## REQUIRED WORK
Look for the word "null". Copy every line of the listing where it occurs.

## DATA FOR THIS TASK
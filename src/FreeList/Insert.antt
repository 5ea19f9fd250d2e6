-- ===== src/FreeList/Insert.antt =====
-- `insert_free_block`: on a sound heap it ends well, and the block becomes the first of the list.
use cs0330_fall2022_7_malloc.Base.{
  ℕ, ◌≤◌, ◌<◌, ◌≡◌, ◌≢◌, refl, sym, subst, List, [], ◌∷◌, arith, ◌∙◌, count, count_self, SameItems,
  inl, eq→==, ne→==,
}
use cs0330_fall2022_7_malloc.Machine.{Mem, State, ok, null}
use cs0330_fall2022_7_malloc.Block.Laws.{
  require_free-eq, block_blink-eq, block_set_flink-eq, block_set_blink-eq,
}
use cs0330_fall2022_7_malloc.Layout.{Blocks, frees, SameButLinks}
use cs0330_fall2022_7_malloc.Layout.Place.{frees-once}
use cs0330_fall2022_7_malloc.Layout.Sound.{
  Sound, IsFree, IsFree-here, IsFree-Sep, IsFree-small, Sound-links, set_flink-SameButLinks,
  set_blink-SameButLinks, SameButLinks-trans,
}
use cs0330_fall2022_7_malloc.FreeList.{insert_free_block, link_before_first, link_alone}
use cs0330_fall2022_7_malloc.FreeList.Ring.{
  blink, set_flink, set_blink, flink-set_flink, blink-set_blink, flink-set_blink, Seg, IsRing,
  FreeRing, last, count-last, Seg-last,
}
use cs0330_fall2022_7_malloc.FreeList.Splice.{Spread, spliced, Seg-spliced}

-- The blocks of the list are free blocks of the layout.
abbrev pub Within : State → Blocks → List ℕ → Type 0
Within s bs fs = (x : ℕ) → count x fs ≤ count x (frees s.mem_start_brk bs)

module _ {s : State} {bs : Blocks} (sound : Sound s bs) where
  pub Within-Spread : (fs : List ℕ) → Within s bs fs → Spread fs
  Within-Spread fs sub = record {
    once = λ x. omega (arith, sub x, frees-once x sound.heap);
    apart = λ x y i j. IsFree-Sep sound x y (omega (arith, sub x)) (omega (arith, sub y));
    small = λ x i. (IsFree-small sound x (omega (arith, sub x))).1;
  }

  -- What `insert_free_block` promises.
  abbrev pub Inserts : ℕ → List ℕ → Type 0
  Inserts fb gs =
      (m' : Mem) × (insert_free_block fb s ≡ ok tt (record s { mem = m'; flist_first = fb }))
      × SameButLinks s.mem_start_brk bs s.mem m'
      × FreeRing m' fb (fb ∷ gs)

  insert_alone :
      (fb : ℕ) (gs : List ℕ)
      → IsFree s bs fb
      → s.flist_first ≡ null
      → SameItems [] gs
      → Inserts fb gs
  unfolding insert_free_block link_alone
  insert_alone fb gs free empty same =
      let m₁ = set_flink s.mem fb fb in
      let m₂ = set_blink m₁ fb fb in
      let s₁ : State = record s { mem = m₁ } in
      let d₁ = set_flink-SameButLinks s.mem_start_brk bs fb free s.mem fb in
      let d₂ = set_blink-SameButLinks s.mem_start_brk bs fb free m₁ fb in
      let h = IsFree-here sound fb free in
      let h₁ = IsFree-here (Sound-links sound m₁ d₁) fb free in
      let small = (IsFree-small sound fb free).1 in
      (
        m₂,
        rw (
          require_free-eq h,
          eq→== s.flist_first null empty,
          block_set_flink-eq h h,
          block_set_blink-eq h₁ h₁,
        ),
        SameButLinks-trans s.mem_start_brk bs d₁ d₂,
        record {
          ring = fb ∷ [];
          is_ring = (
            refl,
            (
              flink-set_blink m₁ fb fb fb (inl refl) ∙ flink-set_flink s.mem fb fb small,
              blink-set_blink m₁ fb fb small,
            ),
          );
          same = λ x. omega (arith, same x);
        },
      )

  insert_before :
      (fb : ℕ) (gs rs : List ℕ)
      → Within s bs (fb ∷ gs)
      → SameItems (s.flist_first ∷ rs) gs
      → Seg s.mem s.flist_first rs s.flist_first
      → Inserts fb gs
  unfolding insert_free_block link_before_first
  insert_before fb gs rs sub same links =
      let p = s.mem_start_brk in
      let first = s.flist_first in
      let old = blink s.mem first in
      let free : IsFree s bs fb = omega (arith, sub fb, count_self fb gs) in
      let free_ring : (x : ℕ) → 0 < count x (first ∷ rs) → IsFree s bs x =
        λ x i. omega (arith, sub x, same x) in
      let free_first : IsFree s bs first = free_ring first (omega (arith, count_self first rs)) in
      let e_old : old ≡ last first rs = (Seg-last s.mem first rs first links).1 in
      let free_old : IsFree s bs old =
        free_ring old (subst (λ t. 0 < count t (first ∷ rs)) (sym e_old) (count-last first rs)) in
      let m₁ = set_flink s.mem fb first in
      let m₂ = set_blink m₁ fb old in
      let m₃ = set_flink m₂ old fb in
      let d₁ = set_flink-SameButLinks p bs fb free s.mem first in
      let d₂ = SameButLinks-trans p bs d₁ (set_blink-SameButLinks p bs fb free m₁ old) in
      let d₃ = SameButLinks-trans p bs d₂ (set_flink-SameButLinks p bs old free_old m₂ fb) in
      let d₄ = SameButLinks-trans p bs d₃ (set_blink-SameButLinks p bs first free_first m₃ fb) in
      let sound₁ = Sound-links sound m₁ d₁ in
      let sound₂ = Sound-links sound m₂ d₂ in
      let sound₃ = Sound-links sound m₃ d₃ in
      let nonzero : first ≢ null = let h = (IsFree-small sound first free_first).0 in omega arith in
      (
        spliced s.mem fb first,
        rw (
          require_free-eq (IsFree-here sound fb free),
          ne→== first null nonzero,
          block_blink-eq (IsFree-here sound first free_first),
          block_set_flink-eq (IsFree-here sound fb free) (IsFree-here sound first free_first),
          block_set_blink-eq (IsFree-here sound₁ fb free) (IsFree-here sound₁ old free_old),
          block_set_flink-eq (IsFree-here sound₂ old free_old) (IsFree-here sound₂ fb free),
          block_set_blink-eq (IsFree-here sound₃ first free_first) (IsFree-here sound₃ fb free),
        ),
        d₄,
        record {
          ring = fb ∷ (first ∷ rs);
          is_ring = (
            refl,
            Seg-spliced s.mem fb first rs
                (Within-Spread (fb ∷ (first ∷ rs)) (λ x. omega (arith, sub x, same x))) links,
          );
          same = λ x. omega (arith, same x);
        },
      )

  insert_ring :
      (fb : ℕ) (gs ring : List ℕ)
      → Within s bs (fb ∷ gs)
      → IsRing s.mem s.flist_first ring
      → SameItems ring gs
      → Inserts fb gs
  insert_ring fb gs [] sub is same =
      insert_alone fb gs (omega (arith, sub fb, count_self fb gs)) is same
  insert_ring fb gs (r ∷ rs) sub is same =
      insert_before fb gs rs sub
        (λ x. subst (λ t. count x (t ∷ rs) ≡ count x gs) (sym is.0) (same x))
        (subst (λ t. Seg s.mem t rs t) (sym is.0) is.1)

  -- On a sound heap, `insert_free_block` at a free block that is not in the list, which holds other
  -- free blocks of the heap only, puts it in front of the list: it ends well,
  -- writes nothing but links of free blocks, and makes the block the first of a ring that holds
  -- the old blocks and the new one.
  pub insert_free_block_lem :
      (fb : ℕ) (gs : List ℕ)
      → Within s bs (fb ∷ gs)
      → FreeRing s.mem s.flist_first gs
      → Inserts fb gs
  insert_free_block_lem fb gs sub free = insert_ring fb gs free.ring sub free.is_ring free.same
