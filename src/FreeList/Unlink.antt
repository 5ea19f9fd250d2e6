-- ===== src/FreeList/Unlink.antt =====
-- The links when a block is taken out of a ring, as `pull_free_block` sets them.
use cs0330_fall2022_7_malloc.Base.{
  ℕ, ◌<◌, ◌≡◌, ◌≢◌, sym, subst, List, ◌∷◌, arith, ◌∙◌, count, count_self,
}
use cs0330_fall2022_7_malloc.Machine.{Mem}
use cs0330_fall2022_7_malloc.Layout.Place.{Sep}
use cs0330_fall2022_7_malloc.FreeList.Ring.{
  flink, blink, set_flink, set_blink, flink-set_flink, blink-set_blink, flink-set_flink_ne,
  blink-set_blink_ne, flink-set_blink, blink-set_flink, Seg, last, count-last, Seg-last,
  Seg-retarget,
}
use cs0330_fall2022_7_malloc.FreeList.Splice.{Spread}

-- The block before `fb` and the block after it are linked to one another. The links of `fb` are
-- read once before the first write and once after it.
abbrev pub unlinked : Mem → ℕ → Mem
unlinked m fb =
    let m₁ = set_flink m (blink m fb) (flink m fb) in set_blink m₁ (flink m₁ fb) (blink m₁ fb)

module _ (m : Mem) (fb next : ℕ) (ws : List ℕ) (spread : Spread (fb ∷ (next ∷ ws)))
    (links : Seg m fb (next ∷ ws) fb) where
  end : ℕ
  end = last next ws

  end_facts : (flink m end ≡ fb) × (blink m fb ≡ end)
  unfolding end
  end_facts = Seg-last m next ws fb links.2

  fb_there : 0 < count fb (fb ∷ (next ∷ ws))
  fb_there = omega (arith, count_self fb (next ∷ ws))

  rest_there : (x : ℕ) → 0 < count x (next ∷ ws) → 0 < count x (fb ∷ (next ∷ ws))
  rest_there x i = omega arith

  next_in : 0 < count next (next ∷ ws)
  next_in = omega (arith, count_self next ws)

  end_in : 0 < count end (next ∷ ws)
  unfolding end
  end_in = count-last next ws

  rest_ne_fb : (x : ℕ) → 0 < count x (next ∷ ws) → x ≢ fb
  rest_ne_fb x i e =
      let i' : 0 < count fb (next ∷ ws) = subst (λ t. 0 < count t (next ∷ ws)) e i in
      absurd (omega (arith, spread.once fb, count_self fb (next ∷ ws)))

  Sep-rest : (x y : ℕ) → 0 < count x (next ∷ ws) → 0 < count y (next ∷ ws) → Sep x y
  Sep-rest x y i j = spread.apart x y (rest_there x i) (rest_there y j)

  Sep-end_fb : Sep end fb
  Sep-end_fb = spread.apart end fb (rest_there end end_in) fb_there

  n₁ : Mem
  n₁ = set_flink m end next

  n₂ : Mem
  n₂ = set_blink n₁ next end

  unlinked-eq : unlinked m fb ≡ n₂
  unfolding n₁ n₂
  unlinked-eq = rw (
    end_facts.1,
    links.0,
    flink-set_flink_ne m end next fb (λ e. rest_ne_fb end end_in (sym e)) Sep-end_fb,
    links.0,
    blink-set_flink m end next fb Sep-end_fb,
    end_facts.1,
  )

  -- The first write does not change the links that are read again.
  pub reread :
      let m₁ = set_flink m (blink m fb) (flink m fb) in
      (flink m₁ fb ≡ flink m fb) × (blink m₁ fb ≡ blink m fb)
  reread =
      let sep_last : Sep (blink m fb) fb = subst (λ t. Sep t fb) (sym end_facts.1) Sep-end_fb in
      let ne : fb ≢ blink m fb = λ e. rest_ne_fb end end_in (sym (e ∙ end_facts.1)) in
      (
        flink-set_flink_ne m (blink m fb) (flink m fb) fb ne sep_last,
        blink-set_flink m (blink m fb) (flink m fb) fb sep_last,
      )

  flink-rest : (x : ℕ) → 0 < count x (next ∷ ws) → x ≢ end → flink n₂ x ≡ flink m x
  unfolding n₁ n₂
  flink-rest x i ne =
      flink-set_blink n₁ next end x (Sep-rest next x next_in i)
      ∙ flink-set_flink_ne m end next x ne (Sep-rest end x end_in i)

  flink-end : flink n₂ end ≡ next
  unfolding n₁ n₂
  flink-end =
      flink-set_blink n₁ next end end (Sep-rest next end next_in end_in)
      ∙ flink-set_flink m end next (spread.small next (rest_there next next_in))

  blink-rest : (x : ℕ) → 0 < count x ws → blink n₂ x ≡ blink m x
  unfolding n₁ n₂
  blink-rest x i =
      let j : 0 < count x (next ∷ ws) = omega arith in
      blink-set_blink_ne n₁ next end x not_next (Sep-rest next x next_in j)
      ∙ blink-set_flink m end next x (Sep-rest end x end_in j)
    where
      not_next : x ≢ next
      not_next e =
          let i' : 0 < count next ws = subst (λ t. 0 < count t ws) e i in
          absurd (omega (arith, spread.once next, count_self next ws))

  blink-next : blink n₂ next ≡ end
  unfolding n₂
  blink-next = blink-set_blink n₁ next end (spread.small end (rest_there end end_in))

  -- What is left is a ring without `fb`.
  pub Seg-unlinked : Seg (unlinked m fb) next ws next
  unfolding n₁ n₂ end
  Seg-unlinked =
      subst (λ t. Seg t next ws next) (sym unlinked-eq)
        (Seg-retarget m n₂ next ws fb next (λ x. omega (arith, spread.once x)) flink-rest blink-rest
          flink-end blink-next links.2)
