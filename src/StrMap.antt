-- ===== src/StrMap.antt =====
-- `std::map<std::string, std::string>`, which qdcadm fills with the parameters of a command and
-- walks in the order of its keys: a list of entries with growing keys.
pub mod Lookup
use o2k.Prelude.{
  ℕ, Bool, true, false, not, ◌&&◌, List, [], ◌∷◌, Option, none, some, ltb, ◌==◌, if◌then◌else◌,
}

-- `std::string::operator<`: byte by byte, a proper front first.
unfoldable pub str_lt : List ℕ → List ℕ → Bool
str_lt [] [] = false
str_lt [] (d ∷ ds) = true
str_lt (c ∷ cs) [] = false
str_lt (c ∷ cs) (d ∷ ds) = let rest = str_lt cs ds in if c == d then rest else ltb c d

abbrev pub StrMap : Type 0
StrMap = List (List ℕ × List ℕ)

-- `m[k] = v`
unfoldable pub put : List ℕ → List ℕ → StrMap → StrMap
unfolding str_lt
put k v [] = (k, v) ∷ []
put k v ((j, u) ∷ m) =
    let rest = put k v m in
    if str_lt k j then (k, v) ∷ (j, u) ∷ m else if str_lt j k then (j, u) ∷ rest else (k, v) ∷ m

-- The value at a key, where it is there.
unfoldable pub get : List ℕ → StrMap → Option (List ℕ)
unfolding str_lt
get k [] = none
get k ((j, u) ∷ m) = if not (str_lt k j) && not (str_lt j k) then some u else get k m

## RESPONSE
use cs0330_fall2022_7_malloc.Machine.{Mem, State, ok, null}
      → s.flist_first ≡ null
          eq→== s.flist_first null empty,
      let nonzero : first ≢ null = let h = (IsFree-small sound first free_first).0 in omega arith in
          ne→== first null nonzero,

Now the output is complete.